Given records
┌──
-- ===== src/Password.antt =====
-- The password prompt of fcfs/src/fcfs.c and fmtr/fcfsfmt.c, over the keys that `getch` returns.
pub mod Length
use fcfs.Base.{
  ℕ, zero, suc, ◌+◌, ◌%◌, ◌^◌, Option, none, some, List, [], ◌∷◌, leb, ◌==◌, if◌then◌else◌, set,
  replicate,
}
use fcfs.Base.Words.{u8}
use fcfs.Structs.{min_password_len}

-- PASSWD_BUF_LEN
abbrev pub passwd_buf_len : ℕ
passwd_buf_len = 1024

abbrev pub newline : ℕ
newline = 10

-- The loop of get_passwd; `none` while it waits for a key. The position counts every key, the
-- newlines too, in an `unsigned char`.
pub prompt : List ℕ → ℕ → List ℕ → Option (List ℕ)
prompt [] c_buf_pos buf = none
prompt (c ∷ keys) c_buf_pos buf =
    let rest =
      prompt keys (u8 (c_buf_pos + 1)) (if c == newline then buf else set buf c_buf_pos c) in
    if c == newline then (if leb min_password_len c_buf_pos then some buf else rest) else rest

-- the string in a buffer: the codes in front of the first 0
pub c_string : List ℕ → List ℕ
c_string [] = []
c_string (c ∷ cs) = let rest = c_string cs in if c == 0 then [] else c ∷ rest

-- get_passwd up to the hash: the string that get_md is given
pub get_passwd : List ℕ → Option (List ℕ)
get_passwd keys = elim (prompt keys 0 (replicate passwd_buf_len 0)) [
  | none ↦ none
  | some buf ↦ some (c_string buf)
]
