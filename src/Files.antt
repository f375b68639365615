-- ===== src/Files.antt =====
-- fcfs/src/dev/file.c: files made and removed, with their entries in a directory.
pub mod Disown
pub mod Release
pub mod Remove
pub mod Lifetime
pub mod Stale
use fcfs.Base.{
  ℕ, zero, suc, ◌+◌, ◌-◌, Bool, ◌||◌, Option, none, some, List, [], ◌∷◌, ◌++◌, ltb, ◌==◌,
  if◌then◌else◌, length, replicate,
}
use fcfs.Base.Monad.{◌>>=◌, ◌>>◌, pure, need}
use fcfs.Base.Words.{is_neg, minus_one, u8, u16}
use fcfs.Structs.{BlockListEntry}
use fcfs.Utils.{Text}
use fcfs.Volume.{M}
use fcfs.Device.{get_blocks}
use fcfs.Ctable.{read_ctable, write_ctable}
use fcfs.Persist.{write_table}
use fcfs.Clusters.{sync_bitmap}
use fcfs.Clrs.{when, entry, clrs_cnt, clrs_get}
use fcfs.File.{set_entry, own, file_alloc}
use fcfs.Cache.{Maps, D, on_volume}
use fcfs.Dir.{max_file_name_length, read_dir, write_dir, rm_from_dir}

-- -ENOENT
abbrev pub enoent : ℕ
enoent = minus_one - 1

-- The loop of dev_rm_file over the blocks of a cluster.
pub disown : List BlockListEntry → List ℕ → Option (List BlockListEntry)
disown entrs [] = some entrs
disown entrs (bid ∷ bids) = elim (own entrs bid 0 0) [
  | none ↦ none
  | some entrs' ↦ disown entrs' bids
]

-- The loop of dev_rm_file over the clusters from `i` with `left` rounds to go.
pub release_clusters : ℕ → ℕ → ℕ → M (Unit {0})
release_clusters fid i zero = pure tt
release_clusters fid i (suc left) = do
  cid ← clrs_get fid i
  if cid == 0 then pure tt else (do
    bl ← read_ctable cid
    let blist = get_blocks bl.entrs fid
    entrs ← need (disown bl.entrs blist)
    when (if length blist == 0 then Bool.false else Bool.true)
        (do res ← write_ctable cid (record bl { entrs = entrs }); sync_bitmap entrs cid)
    release_clusters fid (i + 1) left)

-- dev_rm_file up to the directory: whether the file is gone
pub unlink_file : ℕ → M Bool
unlink_file fid = do
  e ← entry fid
  clust_cnt ← clrs_cnt fid
  set_entry fid (record e { lnk_cnt = u8 (e.lnk_cnt + 255) })
  if u8 (e.lnk_cnt + 255) == 0
      then (do release_clusters fid 0 clust_cnt; pure Bool.true)
      else pure Bool.false

-- `strcpy` into the name of an entry of zeros; a name with no room for its terminator is written
-- behind the array.
pub name_field : Text → Option (List ℕ)
name_field name =
    if ltb (length name) max_file_name_length
    then some (name ++ replicate (max_file_name_length - length name) 0)
    else none

module _ (m : Maps) where
  -- dev_rm_file
  pub rm_file : ℕ → ℕ → ℕ → D m ℕ
  rm_file fuel fid pfid = if fid == 0 then pure minus_one else (do
    gone ← on_volume m (unlink_file fid)
    if gone
        then (do r ← rm_from_dir m fuel pfid fid; w ← on_volume m write_table; pure 0)
        else pure minus_one)

  -- dev_create_file at time `now`. The result of dev_file_alloc is not looked at.
  pub create_file : ℕ → ℕ → ℕ → Text → ℕ → ℕ → D m ℕ
  create_file fuel pfid fid name mode now = if fid == 0 || is_neg fid then pure enoent else (do
    dirs ← read_dir m pfid
    res ← on_volume m (file_alloc fid)
    field ← need (name_field name)
    write_dir m fuel pfid (
        elim dirs [ none ↦ [] | some ents ↦ ents ]
        ++ record {
          fid = u16 fid;
          mode = mode;
          ctime = now;
          atime = now;
          mtime = now;
          name = field;
        }
          ∷ []))
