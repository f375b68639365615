-- ===== src/Ops.antt =====
-- fcfs/src/ops: the callbacks of libfuse. The user, the group and the time are arguments; results
-- that a callback writes through a pointer are returned beside its own.
use fcfs.Base.{
  ℕ, zero, suc, Bool, false, Option, none, some, List, [], ◌∷◌, ◌==◌, if◌then◌else◌, length,
  get_elem?,
}
use fcfs.Base.Monad.{out_of_fuel, ◌>>=◌, ◌>>◌, pure, get, need}
use fcfs.Utils.{Text, slash, parrent, last_name}
use fcfs.Clusters.{free_fid}
use fcfs.File.{init_file}
use fcfs.Password.{c_string}
use fcfs.Cache.{Maps, Stat, D, on_volume, cache_seq_rm, cache_stat_get, cache_stat_add}
use fcfs.FileSeq.{file_size}
use fcfs.Dir.{DirEntry, read_dir}
use fcfs.Files.{enoent, rm_file, create_file}

-- getuid, getgid and time
pub record Env : Type 0 where
  pub uid : ℕ
  pub gid : ℕ
  pub now : ℕ

-- `strcmp(name, t) == 0` for the array of a name: `none` for a read behind the array
pub strcmp_field : List ℕ → Text → Option Bool
strcmp_field [] t = none
strcmp_field (b ∷ bs) [] = some (b == 0)
strcmp_field (b ∷ bs) (c ∷ t) = let rest = strcmp_field bs t in if b == c then rest else some false

-- The first entry with a name; `none` for a read behind a name.
pub find_name : List DirEntry → Text → Option (Option DirEntry)
find_name [] t = some none
find_name (e ∷ es) t =
    let rest = find_name es t in
    elim (strcmp_field e.name t) [ none ↦ none | some hit ↦ if hit then some (some e) else rest ]

-- `memset`, and what a full request sets at once
abbrev pub blank_stat : Env → Bool → Stat
blank_stat env flag = record {
  st_dev = 0;
  st_mode = 0;
  st_nlink = 0;
  st_uid = if flag then env.uid else 0;
  st_gid = if flag then env.gid else 0;
  st_size = 0;
  st_atime = if flag then env.now else 0;
  st_mtime = if flag then env.now else 0;
  st_ctime = 0;
}

abbrev pub root_path : Text
root_path = slash ∷ []

abbrev pub is_root : Text → Bool
is_root [] = false
is_root (c ∷ []) = c == slash
is_root (c ∷ d ∷ t) = false

-- 0040000 | 0777
abbrev pub root_mode : ℕ
root_mode = 16895

-- The names of the entries, without the empty ones; `none` for a name with no terminator.
unfoldable pub entry_names : List DirEntry → Option (List Text)
entry_names [] = some []
entry_names (e ∷ es) =
    let name : Text = c_string e.name in
    let rest = entry_names es in
    if length name == length e.name
    then none
    else elim rest [ none ↦ none | some ns ↦ some (if length name == 0 then ns else name ∷ ns) ]

module _ (m : Maps) (env : Env) where
  abbrev size_if : Bool → ℕ → D m ℕ
  size_if flag fid = if flag then file_size m fid else pure 0

  -- _ops_getattr: the result and the attributes. The fuel counts the directories above the file.
  unfoldable pub getattr : ℕ → Text → Bool → D m (ℕ × Stat)
  getattr zero path flag = λ _. out_of_fuel
  getattr (suc fuel) path flag = do
    cached ← if flag then pure none else cache_stat_get m path
    elim cached [
      | some st ↦ pure (0, st)
      | none ↦
          if is_root path
          then (do
            size ← size_if flag 0
            pure (
              0,
              record (blank_stat env flag) { st_mode = root_mode; st_nlink = 2; st_size = size },
            ))
          else (do
            dir ← need (parrent path)
            (res, above) ← getattr fuel dir false
            dirs ← read_dir m above.st_dev
            name ← need (last_name path)
            found ← need (find_name (elim dirs [ none ↦ [] | some ents ↦ ents ]) name)
            elim found [
              | none ↦ pure (enoent, blank_stat env flag)
              | some e ↦ (do
                d ← get
                t ← need (get_elem? d.vol.fs_table.entrs e.fid)
                size ← size_if flag e.fid
                let st = record (blank_stat env flag) {
                  st_dev = e.fid;
                  st_mode = e.mode;
                  st_nlink = t.lnk_cnt;
                  st_size = size;
                  st_atime = e.atime;
                  st_mtime = e.mtime;
                  st_ctime = e.ctime;
                }
                cache_stat_add m path st
                pure (0, st))
            ])
    ]

  -- fcfs_get_fid: the result of the search is not looked at.
  unfoldable pub get_fid : ℕ → Text → D m ℕ
  get_fid fuel path = do (res, st) ← getattr fuel path false; pure st.st_dev

  -- fcfs_get_pfid
  pub get_pfid : ℕ → Text → D m ℕ
  get_pfid fuel path = do dir ← need (parrent path); get_fid fuel dir

  -- ops_create with the type 0100000, and ops_mkdir with the type 0040000, which looks up the
  -- directory after the file number
  pub ops_create : ℕ → Text → ℕ → D m ℕ
  ops_create fuel path mode = do
    pfid ← get_pfid fuel path
    fid ← on_volume m free_fid
    name ← need (last_name path)
    res ← create_file m fuel pfid fid name mode env.now
    made ← on_volume m (init_file fid)
    pure 0

  pub ops_mkdir : ℕ → Text → ℕ → D m ℕ
  ops_mkdir fuel path mode = do
    name ← need (last_name path)
    fid ← on_volume m free_fid
    pfid ← get_pfid fuel path
    res ← create_file m fuel pfid fid name mode env.now
    made ← on_volume m (init_file fid)
    pure 0

  -- ops_unlink
  pub ops_unlink : ℕ → Text → D m ℕ
  ops_unlink fuel path = do
    fid ← get_fid fuel path
    pfid ← get_pfid fuel path
    res ← rm_file m fuel fid pfid
    pure 0

  -- ops_open: `fi->fh`
  pub ops_open : ℕ → Text → D m ℕ
  ops_open fuel path = get_fid fuel path

  -- ops_readdir: the names that are handed to the filler behind "." and ".."
  unfoldable pub ops_readdir : ℕ → Text → D m (List Text)
  ops_readdir fuel path = do
    fid ← get_fid fuel path
    dirs ← read_dir m fid
    need (entry_names (elim dirs [ none ↦ [] | some ents ↦ ents ]))

  -- ops_release
  pub ops_release : ℕ → D m ℕ
  ops_release fh = do cache_seq_rm m fh; pure 0

  -- ops_releasedir, ops_opendir and ops_rmdir
  pub ops_releasedir : ℕ → D m ℕ
  ops_releasedir fh = do cache_seq_rm m fh; pure 0

  pub ops_opendir : ℕ → Text → D m ℕ
  ops_opendir fuel path = get_fid fuel path

  pub ops_rmdir : ℕ → Text → D m ℕ
  ops_rmdir fuel path = do
    fid ← get_fid fuel path
    pfid ← get_pfid fuel path
    res ← rm_file m fuel fid pfid
    pure 0

  -- The callbacks that do nothing: ops_flush, ops_truncate to a length, ops_utimens to two times, and
  -- ops_chown to a user and a group.
  pub ops_flush : Text → D m ℕ
  ops_flush path = pure 0

  pub ops_truncate : Text → ℕ → D m ℕ
  ops_truncate path offset = pure 0

  pub ops_utimens : Text → ℕ → ℕ → D m ℕ
  ops_utimens path atime mtime = pure 0

  pub ops_chown : Text → ℕ → ℕ → D m ℕ
  ops_chown path u g = pure 0
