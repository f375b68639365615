-- ===== src/Transfer.antt =====
-- ops_read and ops_write (fcfs/src/ops/read.c and fcfs/src/ops/write.c): bytes of a file, which follow
-- the header of 4 bytes in its blocks.
pub mod Ranges
pub mod Contents
pub mod Loops
pub mod Open
pub mod Span
pub mod Reads
pub mod PastEnd
pub mod Writes
pub mod Roundtrip
use fcfs.Base.{
  ℕ, zero, suc, ◌+◌, ◌-◌, ◌*◌, ◌/◌, ◌%◌, ◌^◌, Option, none, some, List, [], ◌∷◌, ◌++◌, ltb, leb,
  ◌==◌, if◌then◌else◌, length, take, drop,
}
use fcfs.Base.Monad.{fault, ◌>>=◌, ◌>>◌, pure, get, need}
use fcfs.Base.Words.{is_neg, minus_one, u32, u64}
use fcfs.Structs.{sizeof_file_header}
use fcfs.Volume.{lblk_sz}
use fcfs.Utils.{Text, to_blk_cnt}
use fcfs.Cache.{Maps, D}
use fcfs.FileSeq.{get_file_seq, read_from, write_to, extend, file_size, set_file_size}
use fcfs.Ops.{Env, ops_open}

-- The bytes `size` from `off` on; `none` for a `memcpy` behind the buffer.
abbrev pub slice : ℕ → ℕ → List ℕ → Option (List ℕ)
slice off size buf = if ltb (length buf) (off + size) then none else some (take size (drop off buf))

-- `memcpy(buf + off, bytes, size)`
abbrev pub overlay : ℕ → List ℕ → List ℕ → Option (List ℕ)
overlay off bytes buf =
    if ltb (length buf) (off + length bytes)
    then none
    else some (take off buf ++ (bytes ++ drop (off + length bytes) buf))

-- an `int` as an `unsigned long`
abbrev pub widen : ℕ → ℕ
widen n = if is_neg n then n + (2 ^ 64 - 2 ^ 32) else n

-- The number of the block that a byte of a file lies in, and the bytes of the block in front of it.
abbrev pub first_block : ℕ → ℕ → ℕ
first_block lblk offset = u32 ((offset + sizeof_file_header) / lblk)

abbrev pub block_off : ℕ → ℕ → ℕ
block_off lblk offset = (offset + sizeof_file_header) % lblk

module _ (m : Maps) where
  -- The first loop of both: the blocks from number `blk_num` on; `none` when one is not read.
  pub fetch : ℕ → ℕ → ℕ → ℕ → D m (Option (List ℕ))
  fetch h seq_sz blk_num zero = pure (some [])
  fetch h seq_sz blk_num (suc left) = do
    r ← read_from m blk_num h seq_sz
    elim r [
      | none ↦ pure none
      | some b ↦ (do
        rest ← fetch h seq_sz (blk_num + 1) left
        elim rest [ none ↦ pure none | some bs ↦ pure (some (b ++ bs)) ])
    ]

  -- The second loop of ops_write: -1 when a block is not written.
  pub store : ℕ → ℕ → ℕ → ℕ → List ℕ → D m ℕ
  store h seq_sz blk_num zero buf = pure 0
  store h seq_sz blk_num (suc left) buf = do
    d ← get
    r ← write_to m blk_num (take (lblk_sz d.vol) buf) h seq_sz
    if is_neg r
        then pure minus_one
        else store h seq_sz (blk_num + 1) left (drop (lblk_sz d.vol) buf)

  -- What ops_read does with a length that has been cut to the file. A count that is not positive is
  -- no length of an array.
  pub read_bytes : ℕ → ℕ → ℕ → D m (ℕ × List ℕ)
  read_bytes fid size offset = do
    d ← get
    let lblk = lblk_sz d.vol
    let blk_off = block_off lblk offset
    let span = u32 (blk_off + size)
    (h, seq_sz) ← get_file_seq m fid
    if is_neg span then (λ _. fault) else (do
      tmp ← fetch h seq_sz (first_block lblk offset) (to_blk_cnt span lblk)
      elim tmp [
        | none ↦ pure (minus_one, [])
        | some bs ↦ (do buf ← need (slice blk_off size bs); pure (u32 size, buf))
      ])

  -- ops_read: the result, and the bytes that it copies. The sum of offset and length is compared
  -- with the length of the file as an `unsigned long`, and so is the shorter length.
  pub ops_read : ℕ → ℕ → ℕ → D m (ℕ × List ℕ)
  ops_read fid size offset = do
    fsize ← file_size m fid
    let rest = u64 (widen fsize + 2 ^ 64 - offset)
    if ltb (widen fsize) (u64 (offset + size))
        then (if rest == 0 then pure (0, []) else read_bytes fid rest offset)
        else read_bytes fid size offset

  -- ops_write for a file whose number `fi->fh` is known, of fewer than 2^31 bytes.
  pub write_file : ℕ → ℕ → List ℕ → ℕ → D m ℕ
  write_file fuel fid bytes offset = do
    d ← get
    let lblk = lblk_sz d.vol
    let size = length bytes
    let blk_num = first_block lblk offset
    let blk_off = block_off lblk offset
    let sz_cnt = to_blk_cnt (blk_off + size) lblk
    (h, old_sz) ← get_file_seq m fid
    seq_sz ←
        if ltb old_sz (blk_num + sz_cnt)
        then extend m fuel h old_sz (blk_num + sz_cnt - old_sz) fid
        else pure old_sz
    if is_neg seq_sz then pure minus_one else (do
      tmp ← fetch h seq_sz blk_num sz_cnt
      elim tmp [
        | none ↦ pure minus_one
        | some bs ↦ (do
          buf ← need (overlay blk_off bytes bs)
          res ← store h seq_sz blk_num sz_cnt buf
          if is_neg res then pure minus_one else (do
            sz ← file_size m fid
            set ←
                set_file_size m fid
                  (if ltb (widen sz) (offset + size) then u32 (offset + size) else sz)
            pure (u32 size)))
      ])

  -- ops_write: a file with number 0 is opened again.
  pub ops_write : Env → ℕ → Text → ℕ → List ℕ → ℕ → D m ℕ
  ops_write env fuel path fh bytes offset = do
    fid ← if fh == 0 then ops_open m env fuel path else pure fh
    write_file fuel fid bytes offset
└──
Your task
Copy out only the lines of the records above from the one with "prompt keys (u8" through the one with "pub mod Lifetime", exactly as they stand, both included.

Output
      prompt keys (u8 (c_buf_pos + 1)) (if c == newline then buf else set buf c_buf_pos c) in
    if c == newline then (if leb min_password_len c_buf_pos then some buf else rest) else rest

-- the string in a buffer: the codes in front of the first 0
pub c_string : List ℕ → List ℕ
c_string [] = []
c_string (c ∷ cs) = let rest = c_string cs in if c == 0 then [] else c ∷ rest

-- get_passwd up to the hash: the string that get_md is given
pub get_passwd : List ℕ → Option (List ℕ)
get_passwd keys = elim (prompt keys 0 (replicate passwd_buf_len 0)) [
  | none ↦ none
  | some buf ↦ some (c_string buf)
]
filename src/Files.antt
repository f375b68639365615
-- ===== src/Files.antt =====
-- fcfs/src/dev/file.c: files made and removed, with their entries in a directory.
pub mod Disown
pub mod Release
pub mod Remove
pub mod Lifetime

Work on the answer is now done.